Surfing legend Mickey Munoz, 60, of Capistrano Beach was among the first to ride big Waimea Bay surf in Hawaii in 1957.

“There are bigger waves at other places in the world like at Jaws in Maui,” Munoz said. “But those guys are getting towed in with jet-skis. And, that’s not to take anything off Taylor Knox. What’s so impressive with him is that he paddled into this wave.”

Advertisement

What was especially impressive about the big-wave chargers on the West Coast is that they competed in water 20 degrees colder than their Hawaiian counterparts.

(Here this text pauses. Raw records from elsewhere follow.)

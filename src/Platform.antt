-- ===== src/Platform.antt =====
-- What the server calls and does not implement: the JSON library of utils/json.hpp, the MySQL client
-- behind a pooled connection, and the outcome of `Connectionpool::getConnection`, which depends on
-- the other threads.
pub mod Json
use high_performance_chatser.Prelude.{ℕ, ℤ, Bool, Bytes, List, Option}

-- A row of a result, by column; each column is text.
abbrev pub Row : Type 0
Row = ℕ → Bytes

pub record Platform : Type 1 where
  -- `nlohmann::json`. `none` is an exception, which the server does not catch.
  pub Json : Type 0
  pub parse : Bytes → Option Json
  pub dump : Json → Bytes  -- what `dump` returns where it does not throw
  pub is_printable : Json → Bool  -- whether all strings are UTF-8; on others `dump` throws
  pub null : Json
  pub get_int : Json → Bytes → Option ℤ
  pub get_string : Json → Bytes → Option Bytes
  pub get_strings : Json → Bytes → Option (List Bytes)
  pub contains : Json → Bytes → Bool
  pub member_text : Json → Bytes → Bytes  -- what `cout << js[key]` prints
  pub set_int : Json → Bytes → ℤ → Json
  pub set_string : Json → Bytes → Bytes → Json
  pub set_strings : Json → Bytes → List Bytes → Json
  -- The database as the pool's clients see it: whether a connection is granted in time, the result
  -- of a statement that changes tables, the rows of a query (`none` for an error), and
  -- `mysql_insert_id`.
  pub Db : Type 0
  pub grant : Db → Bool × Db
  pub execute : Bytes → Db → Bool × Db
  pub select : Bytes → Db → Option (List Row) × Db
  pub insert_id : Db → ℤ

“You’re way more relaxed in warmer water,” Munoz said. “In Hawaii, the water is in the 70s and at Todos Santos and up at Mavericks, it’s in 50-degree water. I don’t know whether density has anything to do with it, but it certainly feels denser when it’s cold water.”

*

The brains behind the Big Wave Challenge belong to Bill Sharp, president of Katin USA, a Costa Mesa board shorts maker that K2 acquired last fall. Looking to capitalize on the extremis liquidus generated by El Nino, Sharp came up with the idea to pay $50,000 to the surfer who rides the biggest wave this winter, and $5,000 to the photographer who immortalizes it.

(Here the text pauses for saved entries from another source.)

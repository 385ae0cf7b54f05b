-- ===== src/Model/Statements.antt =====
-- The SQL texts of model/*.cpp, each printed by `sprintf` into `char sql[1024]`.
use high_performance_chatser.Prelude.{
  ℕ, ℤ, Bytes, ◌≡◌, refl, ap, Lacks, codes, [], ◌∷◌, ◌++◌, Result, ok, stop, Stop, length, ltb, eqb,
  if◌then◌else◌,
}
use high_performance_chatser.Prelude.Decimal.{fmt_int}

abbrev pub sql_size : ℕ
sql_size = 1024

-- `c_str()` as `%s` prints it: up to the first zero byte.
unfoldable pub c_str : Bytes → Bytes
c_str [] = []
c_str (c ∷ cs) = let rest = c_str cs in if eqb c 0 then [] else c ∷ rest

pub c_str_whole : (text : Bytes) → Lacks 0 text → c_str text ≡ text
unfolding c_str
c_str_whole [] h = refl
c_str_whole (c ∷ cs) h = rw (h.0) (ap (◌∷◌ c) (c_str_whole cs h.1))

-- A text of 1024 bytes or more does not fit beside its zero byte.
unfoldable pub sprintf : Bytes → Result Bytes
sprintf sql = if ltb (length sql) sql_size then ok sql else stop Stop.buffer_overrun

unfoldable pub select_user_sql : ℤ → Bytes
unfolding fmt_int
select_user_sql id = codes "select * from user where id = " ++ fmt_int id

unfoldable pub update_state_sql : Bytes → ℤ → Bytes
unfolding c_str fmt_int
update_state_sql state id =
    codes "update user set state = '" ++ (c_str state ++ (codes "' where id = " ++ fmt_int id))

unfoldable pub reset_state_sql : Bytes
reset_state_sql = codes "update user set state = 'offline' where id = 'online'"

unfoldable pub insert_friend_sql : ℤ → ℤ → Bytes
unfolding fmt_int
insert_friend_sql userid friendid =
    codes "insert into friend values("
    ++ (fmt_int userid ++ (codes ", " ++ (fmt_int friendid ++ codes ")")))

unfoldable pub select_friends_sql : ℤ → Bytes
unfolding fmt_int
select_friends_sql userid =
    codes
      "select a.id, a.name, a.state from user a inner join friend b on b.friendid = a.id where b.userid = "
    ++ fmt_int userid

unfoldable pub insert_group_sql : Bytes → Bytes → Bytes
unfolding c_str
insert_group_sql name desc =
    codes "insert into allgroup(groupname, groupdesc) values('"
    ++ (c_str name ++ (codes "', '" ++ (c_str desc ++ codes "')")))

unfoldable pub insert_member_sql : ℤ → ℤ → Bytes → Bytes
unfolding c_str fmt_int
insert_member_sql groupid userid role =
    codes "insert into groupuser values("
    ++ (fmt_int groupid
        ++ (codes ", " ++ (fmt_int userid ++ (codes ", '" ++ (c_str role ++ codes "')")))))

unfoldable pub select_groups_sql : ℤ → Bytes
unfolding fmt_int
select_groups_sql userid =
    codes
      "select a.id, a.groupname, a.groupdesc from allgroup a inner join groupuser b on a.id = b.groupid where b.userid = "
    ++ fmt_int userid

unfoldable pub select_members_sql : ℤ → Bytes
unfolding fmt_int
select_members_sql groupid =
    codes
      "select a.id, a.name, a.state, b.grouprole from user a inner join groupuser b on a.id = b.userid where b.groupid = "
    ++ fmt_int groupid

unfoldable pub select_other_members_sql : ℤ → ℤ → Bytes
unfolding fmt_int
select_other_members_sql groupid userid =
    codes "select userid from groupuser where groupid = "
    ++ (fmt_int groupid ++ (codes " and userid != " ++ fmt_int userid))

unfoldable pub delete_offline_sql : ℤ → Bytes
unfolding fmt_int
delete_offline_sql userid = codes "delete from offlinemessage where userid = " ++ fmt_int userid

-- The closing parenthesis has no opening one.
unfoldable pub select_offline_sql : ℤ → Bytes
unfolding fmt_int
select_offline_sql userid =
    codes "select message from offlinemessage where id = " ++ (fmt_int userid ++ codes ")")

The contest, which began in November, ended Sunday and the winner will be announced March 31.

“We wanted to find a way to highlight what is one of the most serious, respected and dramatically visual aspects of the sport,” Sharp said. “And do it a way that people could tell was devised by surfers, not some corporate entity trying to barge into the industry.”

The timing of the contest is no accident. Los Angeles-based K2, best known for its skis and snowboards, is set to debut a line of surf apparel next month.

Advertisement

Sharp, himself a big-wave surfer, knew that the contest would capture every surfer’s imagination--and make K2 top-of-mind in the process.

“Everyone who has been tumbled by a 3- to 4-foot wave off our coastline knows the power that the ocean has,” Sharp said. “Can you imagine what a wave that size would do to you?”

Apparently, surfers everywhere are wondering just that.

The contest “has been near genius,” said Steve Hawk, editor of Surfer magazine in Dana Point. “Surfers are already sizing up waves according to their ‘K2’ potential.”

The Big Wave Challenge has captured more than just the imagination of surfers. It has attracted interest from such mainstream media as CNN and Time and Newsweek magazines.

To aficionados such as Surfing magazine photographer Les Walker of Newport Beach, the contest may have provided a once-in-a-lifetime opportunity.

It was Walker who snapped photographs of Knox at Todos Santos on Feb. 16, meaning he’ll win the $5,000 if Knox wins the contest.

Advertisement

“There were many photogs out there and I had to get a worthy shot different from them,” Walker said.

He stuffed his camera gear into a waterproof bag and, with the help of a friend on a jet-ski, got a ride to within 30 yards of shore.

Of Knox’s huge wave, Walker recalled that several judges nearby grew silent as Knox turned around to paddle for the wave.

“He looked like a small individual on a mountain of water,” Walker said. “The judges saw the wave coming in and they just went silent. Taylor, being the incredible athlete he is, just stroked for that wave. I couldn’t believe it. It was awe-inspiring.”